### Raw data
+ + + + + + +

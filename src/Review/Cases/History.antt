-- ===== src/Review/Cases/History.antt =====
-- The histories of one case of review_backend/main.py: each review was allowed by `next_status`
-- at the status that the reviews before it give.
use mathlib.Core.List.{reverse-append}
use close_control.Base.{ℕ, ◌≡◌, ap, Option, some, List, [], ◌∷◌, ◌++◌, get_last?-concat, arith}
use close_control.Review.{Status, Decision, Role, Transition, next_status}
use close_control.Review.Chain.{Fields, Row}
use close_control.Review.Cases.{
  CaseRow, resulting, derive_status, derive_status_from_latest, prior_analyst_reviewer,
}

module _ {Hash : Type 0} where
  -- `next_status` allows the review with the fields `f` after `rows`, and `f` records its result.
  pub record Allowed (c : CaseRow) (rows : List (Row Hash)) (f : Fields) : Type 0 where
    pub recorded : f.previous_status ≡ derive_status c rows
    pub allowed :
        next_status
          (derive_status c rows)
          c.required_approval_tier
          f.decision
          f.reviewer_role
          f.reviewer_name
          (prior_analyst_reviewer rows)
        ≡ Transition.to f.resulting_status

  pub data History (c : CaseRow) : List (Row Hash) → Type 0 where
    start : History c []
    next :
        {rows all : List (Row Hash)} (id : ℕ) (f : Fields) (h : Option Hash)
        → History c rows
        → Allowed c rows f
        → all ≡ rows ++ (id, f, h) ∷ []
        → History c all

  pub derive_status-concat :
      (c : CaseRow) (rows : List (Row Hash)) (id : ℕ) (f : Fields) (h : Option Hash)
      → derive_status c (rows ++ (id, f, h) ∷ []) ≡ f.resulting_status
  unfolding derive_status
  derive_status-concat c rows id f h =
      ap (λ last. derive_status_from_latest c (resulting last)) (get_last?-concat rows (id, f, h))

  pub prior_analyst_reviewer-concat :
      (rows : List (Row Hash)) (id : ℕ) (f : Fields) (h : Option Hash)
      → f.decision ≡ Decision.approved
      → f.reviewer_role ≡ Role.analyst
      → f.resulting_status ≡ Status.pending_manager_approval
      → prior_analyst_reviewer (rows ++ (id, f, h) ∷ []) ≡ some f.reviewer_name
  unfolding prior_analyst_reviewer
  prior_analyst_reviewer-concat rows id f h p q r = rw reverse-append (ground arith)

+ + + + + + +

### What is expected
Copy from the line with "f.resulting_status ≡ Status.pending_manager_approval" to the final line of the records, inclusive, and add nothing else.

### Completed task
      → f.resulting_status ≡ Status.pending_manager_approval
      → prior_analyst_reviewer (rows ++ (id, f, h) ∷ []) ≡ some f.reviewer_name
  unfolding prior_analyst_reviewer
  prior_analyst_reviewer-concat rows id f h p q r = rw reverse-append (ground arith)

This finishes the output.